Segment Open
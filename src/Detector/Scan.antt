-- ===== src/Detector/Scan.antt =====
-- `Scanner` of src/detector.rs. What `regex` compiles and finds is a parameter.
use agent_veil.Detector.Compose.{composed_views}
use agent_veil.Detector.Rules.{
  Findings, collect, push_finding, scan_private_keys, scan_env_assignments, scan_email,
  scan_private_ipv4, scan_phone, scan_configured,
}
use agent_veil.Detector.View.{ScanView, normalize, collapse_candidate_separators}
use agent_veil.Detector.{DetectorError}
use agent_veil.Domain.{Span, Finding, DataClass, DetectorId, Confidence, detector_rank, class_eq}
use agent_veil.Prelude.{
  ℕ, ◌+◌, Text, Bool, true, false, not, ◌&&◌, ◌||◌, ◌==◌, ltb, leb, Option, none, some, List, [],
  ◌∷◌, ◌++◌, Result, ok, ◌>>=◌, ◌>>◌, if◌then◌else◌, refuse_if,
}

abbrev pub max_scan_views : ℕ
max_scan_views = 12

pub record PatternDetector (R : Type 0) : Type 0 where
  pub regex : R
  pub data_class : DataClass
  pub detector : DetectorId
  pub confidence : Confidence
  pub secret_only : Bool

pub record Scanner (R : Type 0) : Type 0 where
  pub patterns : List (PatternDetector R)
  pub email : R
  pub private_ipv4 : R
  pub phone : R
  pub env_assignment : R
  pub internal_hostname_suffixes : List Text
  pub custom_terms : List Text
  pub home_prefixes : List Text

-- The order and the test of `sort_by_key` and `dedup_by`.
unfoldable pub finding_le : Finding → Finding → Bool
finding_le f g =
    let a = f.source_span in
    let b = g.source_span in
    ltb a.start b.start
    || a.start == b.start
      && (ltb a.end b.end
          || a.end == b.end && leb (detector_rank f.detector) (detector_rank g.detector))

unfoldable pub insert_finding : Finding → List Finding → List Finding
insert_finding f [] = f ∷ []
insert_finding f (g ∷ gs) =
    let rest = insert_finding f gs in if finding_le f g then f ∷ g ∷ gs else g ∷ rest

unfoldable pub sort_findings : List Finding → List Finding
sort_findings [] = []
sort_findings (f ∷ fs) = insert_finding f (sort_findings fs)

unfoldable pub same_finding : Finding → Finding → Bool
same_finding f g =
    f.source_span.start == g.source_span.start
    && f.source_span.end == g.source_span.end
    && class_eq f.data_class g.data_class
    && detector_rank f.detector == detector_rank g.detector

-- `dedup_by`, behind a finding that is kept.
unfoldable pub dedup_from : Finding → List Finding → List Finding
dedup_from kept [] = []
dedup_from kept (f ∷ fs) = elim (same_finding f kept) [
  | true ↦ dedup_from kept fs
  | false ↦ f ∷ dedup_from f fs
]

unfoldable pub dedup : List Finding → List Finding
dedup [] = []
dedup (f ∷ fs) = f ∷ dedup_from f fs

-- The views to scan, each with the mark of a collapsed view; the number counts the views so far.
unfoldable pub scan_views : ℕ → List ScanView → Result DetectorError (List (ScanView × Bool))
scan_views count [] = ok []
scan_views count (view ∷ views) = do
  refuse_if (leb max_scan_views count) DetectorError.normalization_limit
  collapsed ← collapse_candidate_separators view
  elim collapsed [
    | none ↦ scan_views (count + 1) views >>= (λ rest. ok ((view, false) ∷ rest))
    | some c ↦
        refuse_if (leb max_scan_views (count + 1)) DetectorError.normalization_limit
        >> (scan_views (count + 2) views >>= (λ rest. ok ((view, false) ∷ (c, true) ∷ rest)))
  ]

module _ {R : Type 0} (find_iter : R → Text → List Span)
    (captures_iter : R → Text → List (Span × Option Span)) (is_alphanumeric : Text → Bool)
    (nfkc : Text → Text) where
  -- The matches of one pattern; a collapsed view is searched for secrets and reserved tokens only.
  unfoldable pub scan_pattern : ScanView → Bool → PatternDetector R → Findings
  scan_pattern view secret_view p =
      if secret_view && not p.secret_only && not (class_eq p.data_class DataClass.token_namespace)
      then ok []
      else collect (λ candidate. push_finding view candidate p.data_class p.detector p.confidence)
          (find_iter p.regex view.text)

  unfoldable pub scan_regular : Scanner R → ScanView → Findings
  scan_regular scanner view = do
    emails ← scan_email view (find_iter scanner.email view.text)
    addresses ← scan_private_ipv4 view (find_iter scanner.private_ipv4 view.text)
    phones ← scan_phone view (find_iter scanner.phone view.text)
    configured ←
        scan_configured is_alphanumeric view scanner.internal_hostname_suffixes scanner.custom_terms
          scanner.home_prefixes
    ok (emails ++ (addresses ++ (phones ++ configured)))

  -- The body of the loop over the views.
  unfoldable pub scan_view : Scanner R → ScanView × Bool → Findings
  scan_view scanner (view, secret_view) = do
    matched ← collect (scan_pattern view secret_view) scanner.patterns
    keys ← scan_private_keys view
    assignments ← scan_env_assignments view (captures_iter scanner.env_assignment view.text)
    regular ← if secret_view then ok [] else scan_regular scanner view
    ok (matched ++ (keys ++ (assignments ++ regular)))

  unfoldable pub scan : Scanner R → Text → Findings
  scan scanner source = do
    normalized ← normalize nfkc source
    regular_views ← composed_views nfkc normalized
    views ← scan_views 0 regular_views
    findings ← collect (scan_view scanner) views
    ok (dedup (sort_findings findings))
Segment Closed
- **Work required**:
Retype the records above exactly, from their first line through the line that contains "f.detector) (detector_rank g.detector))", and stop there.

- **Exercise result**:
filename src/Detector/Scan.antt
-- ===== src/Detector/Scan.antt =====
-- `Scanner` of src/detector.rs. What `regex` compiles and finds is a parameter.
use agent_veil.Detector.Compose.{composed_views}
use agent_veil.Detector.Rules.{
  Findings, collect, push_finding, scan_private_keys, scan_env_assignments, scan_email,
  scan_private_ipv4, scan_phone, scan_configured,
}
use agent_veil.Detector.View.{ScanView, normalize, collapse_candidate_separators}
use agent_veil.Detector.{DetectorError}
use agent_veil.Domain.{Span, Finding, DataClass, DetectorId, Confidence, detector_rank, class_eq}
use agent_veil.Prelude.{
  ℕ, ◌+◌, Text, Bool, true, false, not, ◌&&◌, ◌||◌, ◌==◌, ltb, leb, Option, none, some, List, [],
  ◌∷◌, ◌++◌, Result, ok, ◌>>=◌, ◌>>◌, if◌then◌else◌, refuse_if,
}

abbrev pub max_scan_views : ℕ
max_scan_views = 12

pub record PatternDetector (R : Type 0) : Type 0 where
  pub regex : R
  pub data_class : DataClass
  pub detector : DetectorId
  pub confidence : Confidence
  pub secret_only : Bool

pub record Scanner (R : Type 0) : Type 0 where
  pub patterns : List (PatternDetector R)
  pub email : R
  pub private_ipv4 : R
  pub phone : R
  pub env_assignment : R
  pub internal_hostname_suffixes : List Text
  pub custom_terms : List Text
  pub home_prefixes : List Text

-- The order and the test of `sort_by_key` and `dedup_by`.
unfoldable pub finding_le : Finding → Finding → Bool
finding_le f g =
    let a = f.source_span in
    let b = g.source_span in
    ltb a.start b.start
    || a.start == b.start
      && (ltb a.end b.end
          || a.end == b.end && leb (detector_rank f.detector) (detector_rank g.detector))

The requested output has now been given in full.